#### [What you will do]
Starting at the top of the entries below, set down every line exactly, please, until you reach the line with "-- occur. The", which is included too.

#### [Available data]
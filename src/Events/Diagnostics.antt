-- ===== src/Events/Diagnostics.antt =====
-- scripts/pd_fleet/event_diagnostics.py: the report on a log. `none` stands for an EventError or a
-- ValueError. Sequences are natural numbers, so the reason for those that are not integers does not
-- occur. The test for a task's identifier, a regular expression, is a parameter.
use project_development_skil.Base.{
  ℕ, zero, suc, ◌+◌, ◌-◌, String, Bool, true, false, ◌&&◌, ◌||◌, Option, none, some, List, [], ◌∷◌,
  ◌++◌, leb, ltb, ◌==◌, str_eq, if◌then◌else◌, is_nil, any, all, length,
}
use project_development_skil.Dict
use project_development_skil.Dict.{Dict}
use project_development_skil.Fallible.{◌>>=◌, ◌>>◌, require}
use project_development_skil.Value.{Value, Fields, string, get}
use project_development_skil.Lifecycle.{LifecycleState, value, of_value}
use project_development_skil.Readiness.{EventStatus, event_healthy, event_degraded, event_unknown}
use project_development_skil.Events.{FleetEvent, Json, EventLog, Lines, replay}

pub data Reason : Type 0 where
  malformed_transition inconsistent_transition sequence_gap : Reason
  duplicate_sequence non_monotonic_sequence : Reason

pub record Report : Type 0 where
  pub status : EventStatus
  pub event_count : ℕ
  pub transition_count : ℕ
  pub checkpoint_count : ℕ
  pub first_sequence : Option ℕ
  pub last_sequence : Option ℕ
  pub sequence_gaps : List ℕ
  pub task_states : Dict LifecycleState
  pub reasons : List Reason

abbrev rank : Reason → ℕ
rank malformed_transition = 0
rank inconsistent_transition = 1
rank sequence_gap = 2
rank duplicate_sequence = 3
rank non_monotonic_sequence = 4

-- _reason_add
unfoldable pub reason_add : List Reason → Reason → List Reason
reason_add reasons r = if any (λ q. rank q == rank r) reasons then reasons else reasons ++ r ∷ []

-- _state
unfoldable pub state_of : Option Value → Option LifecycleState
unfolding of_value
state_of (some (string s)) = of_value s
state_of _ = none

-- What the loop over the events keeps
pub record Tally : Type 0 where
  pub states : Dict LifecycleState
  pub reasons : List Reason
  pub transitions : ℕ
  pub checkpoints : ℕ

abbrev pub follows_on : Option LifecycleState → LifecycleState → Bool
follows_on none from = true
follows_on (some s) from = str_eq (value s) (value from)

unfoldable pub malformed : Tally → Tally
unfolding reason_add
malformed t = record t { reasons = reason_add t.reasons malformed_transition }

unfoldable pub projected : String → Option LifecycleState → Option LifecycleState → Tally → Tally
unfolding reason_add malformed
projected task (some from) (some to) t = record t {
  states = Dict.put task to t.states;
  reasons =
      if follows_on (Dict.get task t.states) from
      then t.reasons
      else reason_add t.reasons inconsistent_transition;
}
projected task _ _ t = malformed t

-- _transition
unfoldable pub project : Option String → Fields → Tally → Tally
unfolding state_of projected malformed
project none payload t = malformed t
project (some task) payload t =
    if is_nil task
    then malformed t
    else projected task (state_of (get "from" payload)) (state_of (get "to" payload)) t

-- One round of the loop, without the test of the epoch
unfoldable pub count_event : FleetEvent → Tally → Tally
unfolding project
count_event e t =
    if str_eq e.kind "lifecycle.transition"
    then project e.task_id e.payload (record t { transitions = t.transitions + 1 })
    else if str_eq e.kind "checkpoint.committed"
    then record t { checkpoints = t.checkpoints + 1 }
    else t

unfoldable pub count_events : Lines → Tally → Tally
unfolding count_event
count_events [] t = t
count_events (e ∷ es) t = count_events es (count_event e t)

-- The reasons that two sequences in a row give
unfoldable pub compare_pairs : List ℕ → List Reason → List Reason
unfolding reason_add
compare_pairs [] reasons = reasons
compare_pairs (a ∷ []) reasons = reasons
compare_pairs (a ∷ b ∷ rest) reasons = compare_pairs (b ∷ rest) (
    if b == a
    then reason_add reasons duplicate_sequence
    else if ltb b a
    then reason_add reasons non_monotonic_sequence
    else reasons)

abbrev pub has_anomaly : List ℕ → Bool
has_anomaly [] = false
has_anomaly (a ∷ []) = false
has_anomaly (a ∷ b ∷ rest) = leb b a || has_anomaly (b ∷ rest)

-- range(lower, lower + n)
abbrev pub range : ℕ → ℕ → List ℕ
range lower zero = []
range lower (suc n) = lower ∷ range (suc lower) n

-- Up to 32 numbers are kept.
unfoldable pub push : List ℕ → List ℕ → List ℕ
push missing [] = missing
push missing (v ∷ vs) =
    let rest = push (missing ++ v ∷ []) vs in if ltb (length missing) 32 then rest else missing

unfoldable pub between : List ℕ → ℕ → ℕ → List ℕ
unfolding push
between missing lower upper =
    if ltb (lower + 1) upper
    then push missing (range (lower + 1) (upper - (lower + 1)))
    else missing

unfoldable pub gaps : List ℕ → List ℕ → List ℕ
unfolding between
gaps missing [] = missing
gaps missing (a ∷ []) = missing
gaps missing (a ∷ b ∷ rest) =
    let more = gaps (between missing a b) (b ∷ rest) in
    if leb 32 (length (between missing a b)) then between missing a b else more

abbrev pub sequences : Lines → List ℕ
sequences [] = []
sequences (e ∷ es) = e.sequence ∷ sequences es

abbrev minimum : ℕ → List ℕ → ℕ
minimum n [] = n
minimum n (m ∷ ms) = minimum (if ltb m n then m else n) ms

abbrev maximum : ℕ → List ℕ → ℕ
maximum n [] = n
maximum n (m ∷ ms) = maximum (if ltb n m then m else n) ms

abbrev pub found_gaps : List ℕ → List ℕ
unfolding gaps
found_gaps seqs = if has_anomaly seqs then [] else gaps [] seqs

unfoldable pub with_gap : List ℕ → List Reason → List Reason
unfolding reason_add
with_gap [] reasons = reasons
with_gap (g ∷ gs) reasons = reason_add reasons sequence_gap

unfoldable pub all_reasons : List ℕ → List Reason → List Reason
unfolding compare_pairs gaps with_gap
all_reasons seqs reasons = with_gap (found_gaps seqs) (compare_pairs seqs reasons)

abbrev pub status_of : List Reason → EventStatus
status_of [] = event_healthy
status_of (r ∷ rs) = event_degraded

-- EventDiagnosticsReport.__post_init__, on what a log can give
unfoldable pub report_accepted : (String → Bool) → Report → Bool
report_accepted is_safe_id r =
    leb r.event_count 1000
    && (leb (length r.task_states) 256 && all (λ (k, s). is_safe_id k) r.task_states)

abbrev pub epoch_kept : Option ℕ → Option ℕ → Bool
epoch_kept none e = true
epoch_kept (some n) none = false
epoch_kept (some n) (some m) = n == m

abbrev pub fresh_tally : Tally
fresh_tally = record { states = []; reasons = []; transitions = 0; checkpoints = 0 }

-- The report on the events that were replayed
unfoldable pub report : FleetEvent → Lines → Report
unfolding count_events all_reasons gaps
report e es =
    let t = count_events (e ∷ es) fresh_tally in
    let reasons = all_reasons (sequences (e ∷ es)) t.reasons in
    record {
      status = status_of reasons;
      event_count = length (e ∷ es);
      transition_count = t.transitions;
      checkpoint_count = t.checkpoints;
      first_sequence = some (minimum e.sequence (sequences es));
      last_sequence = some (maximum e.sequence (sequences es));
      sequence_gaps = found_gaps (sequences (e ∷ es));
      task_states = t.states;
      reasons = reasons;
    }

abbrev pub empty_report : Report
empty_report = record {
  status = event_unknown;
  event_count = 0;
  transition_count = 0;
  checkpoint_count = 0;
  first_sequence = none;
  last_sequence = none;
  sequence_gaps = [];
  task_states = [];
  reasons = [];
}

unfoldable pub diagnose_events : (String → Bool) → EventLog → Lines → Option Report
unfolding report report_accepted
diagnose_events is_safe_id log [] = some empty_report
diagnose_events is_safe_id log (e ∷ es) = do
  require (all (λ (x : FleetEvent). epoch_kept log.owner_epoch x.owner_epoch) (e ∷ es))
  require (report_accepted is_safe_id (report e es))
  some (report e es)

abbrev active_fits : Option ℕ → Option ℕ → Bool
active_fits none e = true
active_fits (some n) none = false
active_fits (some n) (some m) = n == m

-- diagnose_event_log
unfoldable pub diagnose_event_log :
    (String → Bool) → Json → EventLog → Option ℕ → ℕ → Lines → Option Report
unfolding replay diagnose_events
diagnose_event_log is_safe_id json log active limit lines = do
  require (active_fits active log.owner_epoch)
  events ← replay json limit lines
  diagnose_events is_safe_id log events
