-- ===== src/Events/Continuity.antt =====
-- scripts/pd_fleet/event_diagnostics.py: what a healthy report says of the events.
use project_development_skil.Base.{
  ℕ, suc, ◌+◌, ◌-◌, String, Bool, true, false, not, ◌&&◌, Option, none, some, List, [], ◌∷◌, ◌++◌,
  ◌≡◌, ◌↔◌, refl, arith, ltb, ◌==◌, str_eq, is_nil, all, is_empty, if◌then◌else◌, Bool-cases, inl,
  inr, ◌∙◌,
}
use project_development_skil.Dict
use project_development_skil.Dict.{Dict}
use project_development_skil.Fallible.{◌>>◌, require}
use project_development_skil.Value.{Fields, get}
use project_development_skil.Lifecycle.{LifecycleState}
use project_development_skil.Gates.Honest.{bind-some}
use project_development_skil.Readiness.{event_healthy}
use project_development_skil.Events.{FleetEvent, EventLog, Lines}
use project_development_skil.Events.Diagnostics.{
  Reason, duplicate_sequence, non_monotonic_sequence, sequence_gap, inconsistent_transition,
  malformed_transition, range, Report, Tally, fresh_tally, reason_add, state_of, follows_on,
  project, projected, malformed, count_event, count_events, compare_pairs, has_anomaly, push,
  between, gaps, sequences, all_reasons, with_gap, found_gaps, epoch_kept, status_of, report,
  report_accepted, diagnose_events,
}

-- Each number is the next one after the number before it.
abbrev pub consecutive : List ℕ → Bool
consecutive [] = true
consecutive (a ∷ []) = true
consecutive (a ∷ b ∷ rest) = b == a + 1 && consecutive (b ∷ rest)

abbrev pub leads : Option LifecycleState → Option LifecycleState → Option LifecycleState → Bool
leads last (some from) (some to) = follows_on last from
leads last _ _ = false

abbrev pub moved : String → Option LifecycleState → Dict LifecycleState → Dict LifecycleState
moved task none states = states
moved task (some to) states = Dict.put task to states

-- A transition that is well formed and starts where the one before it ended
abbrev pub well_moved : Dict LifecycleState → Option String → Fields → Bool
unfolding state_of
well_moved states none payload = false
well_moved states (some task) payload =
    not (is_nil task)
    && leads (Dict.get task states) (state_of (get "from" payload)) (state_of (get "to" payload))

abbrev pub states_after : Dict LifecycleState → Option String → Fields → Dict LifecycleState
unfolding state_of
states_after states none payload = states
states_after states (some task) payload = moved task (state_of (get "to" payload)) states

-- Every transition among the events is well moved.
unfoldable pub chained : Dict LifecycleState → Lines → Bool
chained states [] = true
chained states (e ∷ es) =
    let next = chained (states_after states e.task_id e.payload) es in
    let same = chained states es in
    if str_eq e.kind "lifecycle.transition"
    then well_moved states e.task_id e.payload && next
    else same

reason_add-filled : (rs : List Reason) (r : Reason) → is_empty (reason_add rs r) ≡ false
unfolding reason_add
reason_add-filled [] r = ground arith
reason_add-filled (q ∷ qs) r = ground arith

compare_pairs-empty :
    (seqs : List ℕ) (rs : List Reason)
    → is_empty (compare_pairs seqs rs) ≡ (is_empty rs && not (has_anomaly seqs))
unfolding compare_pairs
compare_pairs-empty [] rs = ground arith
compare_pairs-empty (a ∷ []) rs = ground arith
compare_pairs-empty (a ∷ b ∷ rest) rs =
    let tail = compare_pairs-empty (b ∷ rest) in
    elim (Bool-cases (b == a)) [
      | inl same ↦ rw same (
          tail (reason_add rs duplicate_sequence)
          ∙ ground (arith, reason_add-filled rs duplicate_sequence))
      | inr other ↦ elim (Bool-cases (ltb b a)) [
        | inl back ↦
            rw (other, back)
              (tail (reason_add rs non_monotonic_sequence)
                ∙ ground (arith, reason_add-filled rs non_monotonic_sequence))
        | inr on ↦ rw (other, on) (tail rs ∙ ground arith)
      ]
    ]

append-filled : (m : List ℕ) (v : ℕ) → is_empty (m ++ v ∷ []) ≡ false
append-filled [] v = refl
append-filled (x ∷ m) v = refl

push-filled : (m vs : List ℕ) → is_empty m ≡ false → is_empty (push m vs) ≡ false
unfolding push
push-filled m [] h = h
push-filled m (v ∷ vs) h = ground (arith, push-filled (m ++ v ∷ []) vs, append-filled m v)

push-some : (a n : ℕ) → is_empty (push [] (range a (suc n))) ≡ false
unfolding push
push-some a n = push-filled (a ∷ []) (range (suc a) n) refl

between-empty : (a b : ℕ) → is_empty (between [] a b) ≡ not (ltb (a + 1) b)
unfolding between
between-empty a b = elim (Bool-cases (ltb (a + 1) b)) [
  | inr near ↦ rw near refl
  | inl far ↦
      (let e : b - (a + 1) ≡ suc (b - (a + 2)) = ground arith in
        rw (far, e) (push-some (a + 1) (b - (a + 2))))
]

between-filled : (m : List ℕ) (a b : ℕ) → is_empty m ≡ false → is_empty (between m a b) ≡ false
unfolding between
between-filled m a b h = elim (Bool-cases (ltb (a + 1) b)) [
  | inr near ↦ rw near h
  | inl far ↦ rw far (push-filled m (range (a + 1) (b - (a + 1))) h)
]

gaps-filled : (m seqs : List ℕ) → is_empty m ≡ false → is_empty (gaps m seqs) ≡ false
unfolding gaps
gaps-filled m [] h = h
gaps-filled m (a ∷ []) h = h
gaps-filled m (a ∷ b ∷ rest) h =
    ground (
      arith,
      between-filled m a b h,
      gaps-filled (between m a b) (b ∷ rest) (between-filled m a b h),
    )

nil-of-empty : (m : List ℕ) → is_empty m ≡ true → m ≡ []
nil-of-empty [] h = refl
nil-of-empty (x ∷ m) h = cc

-- A stream that goes up has no gap exactly when its numbers are consecutive.
gaps-empty : (seqs : List ℕ) → has_anomaly seqs ≡ false → is_empty (gaps [] seqs) ≡ consecutive seqs
unfolding gaps
gaps-empty [] h = refl
gaps-empty (a ∷ []) h = refl
gaps-empty (a ∷ b ∷ rest) h = elim (Bool-cases (ltb (a + 1) b)) [
  | inl far ↦
      (let f : is_empty (between [] a b) ≡ false = ground (arith, between-empty a b) in
        ground (arith, f, gaps-filled (between [] a b) (b ∷ rest) f))
  | inr near ↦
      (let e = nil-of-empty (between [] a b) (ground (arith, between-empty a b)) in
        rw (e, gaps) (ground (arith, gaps-empty (b ∷ rest))))
]

consecutive-has_anomaly : (seqs : List ℕ) → has_anomaly seqs ≡ true → consecutive seqs ≡ false
consecutive-has_anomaly [] h = cc
consecutive-has_anomaly (a ∷ []) h = cc
consecutive-has_anomaly (a ∷ b ∷ rest) h = ground (arith, consecutive-has_anomaly (b ∷ rest))

with_gap-empty :
    (gs : List ℕ) (rs : List Reason) → is_empty (with_gap gs rs) ≡ (is_empty gs && is_empty rs)
unfolding with_gap
with_gap-empty [] rs = refl
with_gap-empty (g ∷ gs) rs = reason_add-filled rs sequence_gap

all_reasons-empty :
    (seqs : List ℕ) (rs : List Reason)
    → is_empty (all_reasons seqs rs) ≡ (is_empty rs && consecutive seqs)
unfolding all_reasons
all_reasons-empty seqs rs =
    let g = with_gap-empty (found_gaps seqs) (compare_pairs seqs rs) in
    let c = compare_pairs-empty seqs rs in
    elim (Bool-cases (has_anomaly seqs)) [
      | inl bad ↦ ground (arith, g, c, consecutive-has_anomaly seqs bad)
      | inr good ↦ ground (arith, g, c, gaps-empty seqs good)
    ]

-- One transition, and the reasons and states after it
projected-cases :
    (task : String) (from to : Option LifecycleState) (t : Tally)
    → (is_empty (projected task from to t).reasons
        ≡ (is_empty t.reasons && leads (Dict.get task t.states) from to))
      × (leads (Dict.get task t.states) from to ≡ true
          → (projected task from to t).states ≡ moved task to t.states)
unfolding projected malformed
projected-cases task (some from) (some to) t =
    (ground (arith, reason_add-filled t.reasons inconsistent_transition), λ h. refl)
projected-cases task (some from) none t =
    (ground (arith, reason_add-filled t.reasons malformed_transition), λ h. cc)
projected-cases task none to t =
    (ground (arith, reason_add-filled t.reasons malformed_transition), λ h. cc)

project-cases :
    (task : Option String) (payload : Fields) (t : Tally)
    → (is_empty (project task payload t).reasons
        ≡ (is_empty t.reasons && well_moved t.states task payload))
      × (well_moved t.states task payload ≡ true
          → (project task payload t).states ≡ states_after t.states task payload)
unfolding project malformed
project-cases none payload t =
    (ground (arith, reason_add-filled t.reasons malformed_transition), λ h. cc)
project-cases (some task) payload t = elim (Bool-cases (is_nil task)) [
  | inl blank ↦ rw blank (ground (arith, reason_add-filled t.reasons malformed_transition), λ h. cc)
  | inr named ↦
      rw named
        (projected-cases task (state_of (get "from" payload)) (state_of (get "to" payload)) t)
]

count_event-cases :
    (e : FleetEvent) (t : Tally)
    → str_eq e.kind "lifecycle.transition" ≡ false
    → ((count_event e t).reasons ≡ t.reasons) × ((count_event e t).states ≡ t.states)
unfolding count_event
count_event-cases e t h = (ground arith, ground arith)

count_events-empty :
    (es : Lines) (t : Tally)
    → is_empty (count_events es t).reasons ≡ (is_empty t.reasons && chained t.states es)
unfolding count_events count_event chained
count_events-empty [] t = ground arith
count_events-empty (e ∷ es) t = elim (Bool-cases (str_eq e.kind "lifecycle.transition")) [
  | inl move ↦
      (let moving = record t { transitions = t.transitions + 1 } in
        let (reasons, states) = project-cases e.task_id e.payload moving in
        let later = count_events-empty es (project e.task_id e.payload moving) in
        rw move (elim (Bool-cases (well_moved t.states e.task_id e.payload)) [
          | inl good ↦ ground (arith, rw (states good) at later, reasons, good)
          | inr bad ↦ ground (arith, later, reasons, bad)
        ]))
  | inr other ↦
      (let (reasons, states) = count_event-cases e t other in
        rw (other, count_events-empty es (count_event e t), reasons, states) refl)
]

event_healthy-empty : (rs : List Reason) → (status_of rs ≡ event_healthy) ↔ (is_empty rs ≡ true)
event_healthy-empty [] = (λ h. refl, λ h. refl)
event_healthy-empty (r ∷ rs) = (λ h. cc, λ h. cc)

diagnosed :
    (is_safe_id : String → Bool) (log : EventLog) (e : FleetEvent) (es : Lines) {r : Report}
    → diagnose_events is_safe_id log (e ∷ es) ≡ some r
    → r ≡ report e es
unfolding diagnose_events
diagnosed is_safe_id log e es h =
    let kept =
      require (all (λ (x : FleetEvent). epoch_kept log.owner_epoch x.owner_epoch) (e ∷ es)) in
    let fits = require (report_accepted is_safe_id (report e es)) in
    let (u, a, f) = bind-some kept (λ _. fits >> some (report e es)) h in
    let (v, b, g) = bind-some fits (λ _. some (report e es)) f in cc

-- A report on events is healthy exactly when their sequences follow one another without a gap and
-- every transition among them is well formed and starts in the state where the last transition of
-- its task ended.
pub diagnose-event_healthy_iff :
    (is_safe_id : String → Bool) (log : EventLog) (e : FleetEvent) (es : Lines) {r : Report}
    → diagnose_events is_safe_id log (e ∷ es) ≡ some r
    → (r.status ≡ event_healthy)
      ↔ ((consecutive (sequences (e ∷ es)) ≡ true) × (chained [] (e ∷ es) ≡ true))
unfolding report
diagnose-event_healthy_iff is_safe_id log e es {r} h =
    let t = count_events (e ∷ es) fresh_tally in
    let a = all_reasons-empty (sequences (e ∷ es)) t.reasons in
    let c = count_events-empty (e ∷ es) fresh_tally in
    let s = event_healthy-empty (all_reasons (sequences (e ∷ es)) t.reasons) in
    rw (diagnosed is_safe_id log e es h, report)
      (
        (λ g. let f = s.0 g in (ground (arith, f, a, c), ground (arith, f, a, c))),
        λ (n, m). s.1 (ground (arith, a, c, n, m)),
      )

#### [Solution to this task]
filename src/Events/Diagnostics.antt
-- ===== src/Events/Diagnostics.antt =====
-- scripts/pd_fleet/event_diagnostics.py: the report on a log. `none` stands for an EventError or a
-- ValueError. Sequences are natural numbers, so the reason for those that are not integers does not
-- occur. The test for a task's identifier, a regular expression, is a parameter.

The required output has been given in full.